The data is coded in an unusual manner. A typical line is:
12002,Central Nova","Nova-Centre"," 1","River John",N,N,"",1,299,"Chisholm","","Matthew","Green Party","Parti Vert",N,N,11
There is a " on the end of the Central-Nova but not at the beginning. So in order to read in the data, I suppressed the quotes, which worked fine for the first few files. ie.
test<-read.csv("pollresults_resultatsbureau11001.csv",header = TRUE,sep=",",fileEncoding="latin1",as.is=TRUE,quote="")
Now here is the problem: in another file (eg. pollresults_resultatsbureau12002.csv), there is a line of data like this:
12002,Central Nova","Nova-Centre"," 6-1","Pictou, Subd. A",N,N,"",0,168,"Parker","","David K.","NDP-New Democratic Party","NPD-Nouveau Parti democratique",N,N,28
Because I need to suppress the quotes, the entry "Pictou, Subd. A" makes R wants to split this into 2 variables. The data can't be read in since it wants to add a column half way through constructing the dataframe.
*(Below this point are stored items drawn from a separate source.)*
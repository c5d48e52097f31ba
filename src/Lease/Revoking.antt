-- ===== src/Lease/Revoking.antt =====
-- Which error a revocation ends with, by the replies of the servers.
use election_agent.Prelude.{
  ℕ, ◌≤◌, ◌<◌, ◌≡◌, refl, ◌↔◌, inl, inr, Bool, true, false, Option, none, some, List, arith, leb,
  if◌then◌else◌, leb→le, Bool-cases, length, count_if,
}
use election_agent.Errors.{Error, redlock_taken, unavailable, Multierror}
use election_agent.Errors.Walk.{as_any, is_expired}
use election_agent.Redlock.Quorum.{Reply, quorum_of, act_status_op}
use election_agent.Redlock.Quorum.Verdict.{
  is_ok, is_taken, act_status_op-n_iff, act_status_op-none_iff,
}
use election_agent.Redlock.Quorum.Content.{
  IsPlain, as_opt, hits, act_status_op-as_opt, act_status_op-taken,
}
use election_agent.Redlock.Mutex.{unlock_result}
use election_agent.Driver.Health.{is_unhealthy}
use election_agent.Driver.Health.Majority.{net_failed, act_status_op-is_unhealthy}
use election_agent.Lease.{revoke_result}

expired-IsPlain : IsPlain is_expired
expired-IsPlain = record { at_text = λ m. refl; at_wrap = λ m e. refl; at_multi = λ es. refl }

-- The outcomes of a revocation.
pub data RevokeOutcome : Type 0 where
  revoked failed_revoke unreachable : RevokeOutcome

abbrev pub revoke_outcome : Option Error → RevokeOutcome
revoke_outcome none = revoked
revoke_outcome (some (unavailable e)) = unreachable
revoke_outcome (some _) = failed_revoke

-- By the counts of the replies: released by a majority; else unreachable for a majority; else
-- taken by a majority; else gone if any server says that the lock has expired.
abbrev pub revoke_spec : ℕ → List Reply → RevokeOutcome
revoke_spec q rs =
    if leb q (count_if is_ok rs)
    then revoked
    else if leb q (count_if net_failed rs)
    then unreachable
    else if leb q (count_if is_taken rs)
    then failed_revoke
    else if hits is_expired rs
    then revoked
    else failed_revoke

revoke_cases :
    (q : ℕ) (out : ℕ × Option Error) (oks nets takens : ℕ) (expired : Bool)
    → ((q ≤ out.0) ↔ (out.1 ≡ none))
    → ((out.1 ≡ none) ↔ (q ≤ oks))
    → is_unhealthy q out.1 ≡ leb q nets
    → (q ≤ takens → (ns : List ℕ) × (out.1 ≡ some (redlock_taken ns)))
    → (takens < q → oks < q → as_opt is_expired out.1 ≡ expired)
    → revoke_outcome (revoke_result q (unlock_result q out)) ≡ (
        if leb q oks
        then revoked
        else if leb q nets
        then unreachable
        else if leb q takens
        then failed_revoke
        else if expired
        then revoked
        else failed_revoke)
unfolding revoke_result as_any
revoke_cases q (n, none) oks nets takens expired a b c d f = ground (arith, b.0 refl, a.1 refl)
revoke_cases q (n, some e) oks nets takens expired a b c d f = elim (Bool-cases (leb q takens)) [
  | inl t ↦
      let (ns, p) = d (leb→le q takens t) in
      let same_error : e ≡ redlock_taken ns = cc in
      let x : as_any is_expired e ≡ false = rw same_error in ground (arith, x, a.0, b.1)
  | inr t ↦ ground (arith, f, a.0, b.1)
]

module _ ⦃lib : Multierror⦄ where
  -- The outcome of Revoke on every list of replies, at their majority quorum: revoked if a majority
  -- released; else unavailable if a majority failed in the network; else a failure if a majority
  -- has it taken; else revoked if any server says that the lock has expired; else a failure.
  pub revoke_result_lem :
      (rs : List Reply)
      → let q = quorum_of (length rs) in
        revoke_outcome (revoke_result q (unlock_result q (act_status_op true q rs)))
        ≡ revoke_spec q rs
  revoke_result_lem rs =
      let q = quorum_of (length rs) in
      revoke_cases q (act_status_op true q rs) (count_if is_ok rs) (count_if net_failed rs)
        (count_if is_taken rs) (hits is_expired rs) (act_status_op-n_iff true rs)
        (act_status_op-none_iff true rs) (act_status_op-is_unhealthy true rs)
        (act_status_op-taken true q rs) (act_status_op-as_opt is_expired expired-IsPlain true q rs)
Excel and OpenOffice both can open these files no problem. Somehow, Excel and OpenOffice know that quotation marks only matter if they are at the beginning of a variable entry.
Do you know what option I need to enable on R to get this data in? I have >300 files that I need to load (each with ~1000 rows each) so a manual fix is not an option...
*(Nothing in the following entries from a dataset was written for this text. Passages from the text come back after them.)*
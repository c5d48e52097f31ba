-- ===== src/Redis/Table.antt =====
-- A server as a table from keys to cells, which meets the laws of `RedisServer`.
use election_agent.Prelude.{
  ℕ, ◌+◌, ◌*◌, ◌≤◌, String, ◌≡◌, refl, ap, ◌∙◌, inl, inr, Bool, true, false, not, ◌&&◌, Option,
  none, some, arith, ◌==◌, ltb, if◌then◌else◌, is_some, Bool-cases,
}
use election_agent.Redis.{RedisServer, ns_per_ms, alive}

-- The value, and the time from which the key is gone.
pub record Cell : Type 0 where
  pub value : String
  pub until : ℕ

abbrev pub live : ℕ → Option Cell → Option String
live u none = none
live u (some c) = if ltb u c.until then some c.value else none

abbrev pub Table : Type 0
Table = String → Option Cell

abbrev put : Table → String → Option Cell → Table
put s k c j = if k == j then c else s j

abbrev cell : ℕ → String → ℕ → Option Cell
cell t v ms = some (record { value = v; until = t + ms * ns_per_ms })

abbrev touch_cell : ℕ → ℕ → Option Cell → Option Cell
touch_cell t ms none = none
touch_cell t ms (some c) = if ltb t c.until then cell t c.value ms else none

abbrev table_nx : Table → ℕ → String → String → ℕ → Table × Bool
table_nx s t k v ms = if is_some (live t (s k)) then (s, false) else (put s k (cell t v ms), true)

pub live-earlier :
    (t u : ℕ) (o : Option Cell) (v : String) → t ≤ u → live u o ≡ some v → live t o ≡ some v
live-earlier t u none v h e = ground arith
live-earlier t u (some c) v h e = ground arith

pub live-put :
    (s : Table) (u : ℕ) (k j : String) (c : Option Cell)
    → live u (put s k c j) ≡ (if k == j then live u c else live u (s j))
live-put s u k j c = ground arith

pub nx-reply :
    (s : Table) (t : ℕ) (k v : String) (ms : ℕ)
    → (table_nx s t k v ms).1 ≡ not (is_some (live t (s k)))
nx-reply s t k v ms = elim (Bool-cases (is_some (live t (s k)))) [ inl e ↦ rw e | inr e ↦ rw e ]

pub get-nx :
    (s : Table) (t u : ℕ) (k j v : String) (ms : ℕ)
    → live u ((table_nx s t k v ms).0 j)
      ≡ (if k == j && not (is_some (live t (s k))) then alive t ms u v else live u (s j))
get-nx s t u k j v ms = elim (Bool-cases (is_some (live t (s k)))) [
  | inl e ↦ rw e (ground arith)
  | inr e ↦ rw e (ground arith)
]

pub get-touch :
    (t u ms : ℕ) (o : Option Cell) (v : String)
    → live t o ≡ some v
    → live u (touch_cell t ms o) ≡ alive t ms u v
get-touch t u ms none v e = ground arith
get-touch t u ms (some c) v e = ground arith

abbrev pub table_server : RedisServer
table_server = record {
  Server = Table;
  get = λ s t k. live t (s k);
  set_px = λ s t k v ms. put s k (cell t v ms);
  set_px_nx = table_nx;
  pexpire = λ s t k ms. (put s k (touch_cell t ms (s k)), is_some (live t (s k)));
  del = λ s t k. (put s k none, is_some (live t (s k)));
  get-earlier = λ s t u k v. live-earlier t u (s k) v;
  get-set_px = λ s t u k j v ms h p. live-put s u k j (cell t v ms);
  set_px_nx-reply = λ s t k v ms p. nx-reply s t k v ms;
  get-set_px_nx = λ s t u k j v ms h p. get-nx s t u k j v ms;
  pexpire-reply = λ s t k ms. refl;
  get-pexpire = λ s t u k j v ms h e.
      live-put s u k j (touch_cell t ms (s k))
      ∙ ap (λ o. if k == j then o else live u (s j)) (get-touch t u ms (s k) v e);
  del-reply = λ s t k. refl;
  get-del = λ s t u k j h. live-put s u k j none;
}
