-- ===== src/Redlock.antt =====
-- internal/driver/redlock: the quorum lock over independent Redis servers.
pub mod Quorum
pub mod Script
pub mod Mutex
pub mod Crc
pub mod Shards
pub mod Votes
pub mod Store
pub mod Commands
pub mod Rueidis
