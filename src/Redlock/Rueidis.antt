-- ===== src/Redlock/Rueidis.antt =====
-- rueidisConn of internal/driver/redlock/rueidis.go: a connection that loses its server, and the
-- goroutine that makes a new client for it. Times are in nanoseconds; commands and the creation of
-- clients are the client library's.
pub mod Recovery
use election_agent.Prelude.{
  ℕ, ◌-◌, Bool, true, false, not, ◌&&◌, Option, none, some, ltb, if◌then◌else◌, is_some,
}
use election_agent.Errors.{Error}
use election_agent.Errors.Walk.{as_any, is_net_op}

-- The fields client (whether there is one), lastErr, recreateTime and clientRoutine.
pub record RueidisConn : Type 0 where
  pub client : Bool
  pub last_err : Option Error
  pub recreate_time : ℕ
  pub client_routine : Bool

-- CreateRueidisConnections, on the error of NewClient; the zero time is 0
unfoldable pub new_conn : Option Error → RueidisConn
new_conn err = record {
  client = not (is_some err);
  last_err = err;
  recreate_time = 0;
  client_routine = false;
}

-- createClient: whether it starts the goroutine
unfoldable pub create_client : RueidisConn → RueidisConn × Bool
create_client c =
    if c.client_routine then (c, false) else (record c { client_routine = true }, true)

-- getClient
unfoldable pub get_client : RueidisConn → RueidisConn × Bool
unfolding create_client
get_client c =
    if c.client && not (is_some c.last_err) then (c, true) else ((create_client c).0, false)

-- checkNetOpError
unfoldable pub check_net_op_error : Option Error → RueidisConn → RueidisConn
unfolding as_any
check_net_op_error none c = c
check_net_op_error (some e) c = if as_any is_net_op e then record c { last_err = some e } else c

-- One tick of the goroutine, on the error of NewClient, at a time; the goroutine ends with a client.
unfoldable pub tick : Option Error → ℕ → RueidisConn → RueidisConn
tick err now c =
    if not c.client_routine
    then c
    else if is_some err
    then record c { last_err = err }
    else record { client = true; last_err = none; recreate_time = now; client_routine = false }

-- NotAcceptLock, at a time
unfoldable pub not_accept_lock : ℕ → RueidisConn → Bool
not_accept_lock now c = ltb (now - c.recreate_time) 3000000000

-- The first half of Get, Set, Eval, Ping, MGet, MSet and Scan: the client, or none.
unfoldable pub begin_call : RueidisConn → RueidisConn × Bool
unfolding get_client
begin_call c = get_client c

-- The second half: with a client, the command's result; without one, the zero value and lastErr as
-- it then is.
unfoldable pub end_call :
    {A : Type 0} → Bool → A → A × Option Error → RueidisConn → RueidisConn × (A × Option Error)
unfolding check_net_op_error
end_call false zero_value result c = (c, (zero_value, c.last_err))
end_call true zero_value (a, err) c = (check_net_op_error err c, (a, err))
I have looked all over the place for a solution but can't find one.

Building on my comments, here is a solution that would read all the CSV files into a single list.
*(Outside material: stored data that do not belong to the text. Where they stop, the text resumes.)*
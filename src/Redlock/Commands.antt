-- ===== src/Redlock/Commands.antt =====
-- The commands of goredisConn and rueidisConn, internal/driver/redlock/goredis.go and rueidis.go
-- beside it, which implement the interface Conn of conn.go. What the client libraries send and how
-- they decode is a parameter. A command of rueidisConn is here one run without a tick in between.
pub mod Faithful
use election_agent.Prelude.{
  ℕ, String, Bool, false, Option, none, some, List, [], ◌∷◌, map, ◌==◌, if◌then◌else◌,
}
use election_agent.Errors.{Error}
use election_agent.Redlock.Script.{Value, int}
use election_agent.Prelude.Int.{pos}
use election_agent.Redlock.Rueidis.{RueidisConn, get_client, begin_call, end_call}
use election_agent.Redlock.Store.{Clients}

-- A client library. An element of an MGET answer is none if it is not a text; `is_nil` tells the
-- error for a missing key, and `is_no_script` an error whose text has "NOSCRIPT " in it.
pub record Library : Type 1 where
  pub Client : Type 0
  pub World : Type 0
  pub get : String → Client → World → World × (String × Option Error)
  pub set : String → String → Client → World → World × (String × Option Error)
  pub eval_sha :
      String → List String → List String → Client → World → World × (Value × Option Error)
  pub eval : String → List String → List String → Client → World → World × (Value × Option Error)
  pub close : Client → World → World × Option Error
  pub ping : Client → World → World × (String × Option Error)
  pub mget : List String → Client → World → World × (List (Option String) × Option Error)
  pub mset : List String → Client → World → World × (String × Option Error)
  pub scan : ℕ → String → ℕ → Client → World → World × ((List String × ℕ) × Option Error)
  pub is_nil : Error → Bool
  pub is_no_script : Error → Bool

-- Script: its hash and its source
pub record Script : Type 0 where
  pub hash : String
  pub src : String

-- v.(string), or ToString, of an element
abbrev pub element : Option String → String
element none = ""
element (some v) = v

-- A reply that has to be a word.
abbrev pub replied : {W : Type 0} → String → W × (String × Option Error) → W × (Bool × Option Error)
replied word (w, (reply, err)) = (w, (reply == word, err))

-- The pairs of MSet, by two; an index out of range is a panic.
unfoldable pub pair_up : List String → Option (List String)
pair_up [] = some []
pair_up (k ∷ []) = none
pair_up (k ∷ v ∷ pairs) =
    let rest = pair_up pairs in elim rest [ none ↦ none | some kvs ↦ some (k ∷ v ∷ kvs) ]

module _ (L : Library) where
  open L use {Client, World, is_nil, is_no_script}

  -- noGoredisErrNil and noRueidisErrNil
  unfoldable pub no_err_nil : Option Error → Option Error
  no_err_nil none = none
  no_err_nil (some e) = if is_nil e then none else some e

  abbrev pub without_nil : {A : Type 0} → World × (A × Option Error) → World × (A × Option Error)
  without_nil (w, (a, err)) = (w, (a, no_err_nil err))

  abbrev pub no_script : Option Error → Bool
  no_script none = false
  no_script (some e) = is_no_script e

  -- EVALSHA, and EVAL if the server does not know the script
  unfoldable pub eval_script :
      Script → List String → List String → Client → World → World × (Value × Option Error)
  eval_script script keys args c w =
      let (w1, (v, err)) = L.eval_sha script.hash keys args c w in
      if no_script err then L.eval script.src keys args c w1 else (w1, (v, err))

  abbrev pub elements :
      World × (List (Option String) × Option Error) → World × (List String × Option Error)
  elements (w, (vals, err)) = (w, (map element vals, err))

  -- goredisConn
  unfoldable pub goredis_get : String → Client → World → World × (String × Option Error)
  goredis_get name c w = without_nil (L.get name c w)

  unfoldable pub goredis_set : String → String → Client → World → World × (Bool × Option Error)
  goredis_set name value c w = replied "OK" (L.set name value c w)

  unfoldable pub goredis_eval :
      Script → List String → List String → Client → World → World × (Value × Option Error)
  goredis_eval script keys args c w = without_nil (eval_script script keys args c w)

  unfoldable pub goredis_ping : Client → World → World × (Bool × Option Error)
  goredis_ping c w = replied "PONG" (L.ping c w)

  -- The error passes noGoredisErrNil twice.
  unfoldable pub goredis_mget : List String → Client → World → World × (List String × Option Error)
  goredis_mget keys c w = without_nil (elements (without_nil (L.mget keys c w)))

  unfoldable pub goredis_mset : List String → Client → World → World × (Bool × Option Error)
  goredis_mset pairs c w = replied "OK" (L.mset pairs c w)

  unfoldable pub goredis_scan :
      ℕ → String → ℕ → Client → World → World × ((List String × ℕ) × Option Error)
  goredis_scan cursor match count c w = L.scan cursor match count c w

  unfoldable pub goredis_not_accept_lock : Client → Bool
  goredis_not_accept_lock c = false

  -- goredisConn as a Conn
  abbrev pub goredis_clients : Clients
  goredis_clients = record {
    Conn = Client;
    World = World;
    ping = goredis_ping;
    get = goredis_get;
    set = goredis_set;
    mget = goredis_mget;
    mset = goredis_mset;
  }

  -- rueidisConn, with the client of its library.
  abbrev pub Linked : Type 0
  Linked = RueidisConn × World

  -- The shape of the commands: getClient; the zero value and lastErr, or the command, whose error
  -- passes checkNetOpError and then `keep`.
  unfoldable pub on_client :
      {A : Type 0}
      → A
      → (Option Error → Option Error)
      → (World → World × (A × Option Error))
      → Linked
      → Linked × (A × Option Error)
  on_client zero_value keep command (c, w) =
      let (c', found) = begin_call c in
      let (w', result) = command w in
      let (c'', (a, err)) = end_call found zero_value result c' in
      if found then ((c'', w'), (a, keep err)) else ((c'', w), (a, err))

  abbrev pub same_error : Option Error → Option Error
  same_error err = err

  unfoldable pub rueidis_get : String → Client → Linked → Linked × (String × Option Error)
  rueidis_get name c = on_client "" no_err_nil (L.get name c)

  unfoldable pub rueidis_set : String → String → Client → Linked → Linked × (Bool × Option Error)
  rueidis_set name value c = on_client false same_error (λ w. replied "OK" (L.set name value c w))

  unfoldable pub rueidis_eval :
      Script → List String → List String → Client → Linked → Linked × (Value × Option Error)
  rueidis_eval script keys args c =
      on_client (int (pos 0)) no_err_nil (eval_script script keys args c)

  unfoldable pub rueidis_close : Client → Linked → Linked × Option Error
  rueidis_close c (conn, w) =
      let (conn', found) = get_client conn in
      let (w', err) = L.close c w in if found then ((conn', w'), err) else ((conn', w), none)

  unfoldable pub rueidis_ping : Client → Linked → Linked × (Bool × Option Error)
  rueidis_ping c = on_client false same_error (λ w. replied "PONG" (L.ping c w))

  unfoldable pub rueidis_mget :
      List String → Client → Linked → Linked × (List String × Option Error)
  rueidis_mget keys c = on_client [] no_err_nil (λ w. elements (L.mget keys c w))

  -- Without a client the pairs are not looked at.
  unfoldable pub rueidis_mset :
      List String → Client → Linked → Option (Linked × (Bool × Option Error))
  rueidis_mset pairs c (conn, w) = elim (pair_up pairs) [
    | some kvs ↦ some (on_client false same_error (λ w. replied "OK" (L.mset kvs c w)) (conn, w))
    | none ↦
        if (get_client conn).1
        then none
        else some (on_client false same_error (λ w. (w, (false, none))) (conn, w))
  ]

  unfoldable pub rueidis_scan :
      ℕ → String → ℕ → Client → Linked → Linked × ((List String × ℕ) × Option Error)
  rueidis_scan cursor match count c = on_client ([], 0) same_error (L.scan cursor match count c)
# Deal with French properly
options(encoding="latin1")
# Set your working directory to where you have
# unzipped all of your 308 CSV files
setwd("path/to/unzipped/files")
# Get the file names
temp <- list.files()
# Extract the 5-digit code which we can use as names
Codes <- gsub("pollresults_resultatsbureau|.csv", "", temp)
# Read all the files into a single list named "pollResults"
pollResults <- lapply(seq_along(temp), function(x) {
T0 <- readLines(temp[x])
T0[-1] <- gsub('^(.{6})(.*)$', '\\1\\"\\2', T0[-1])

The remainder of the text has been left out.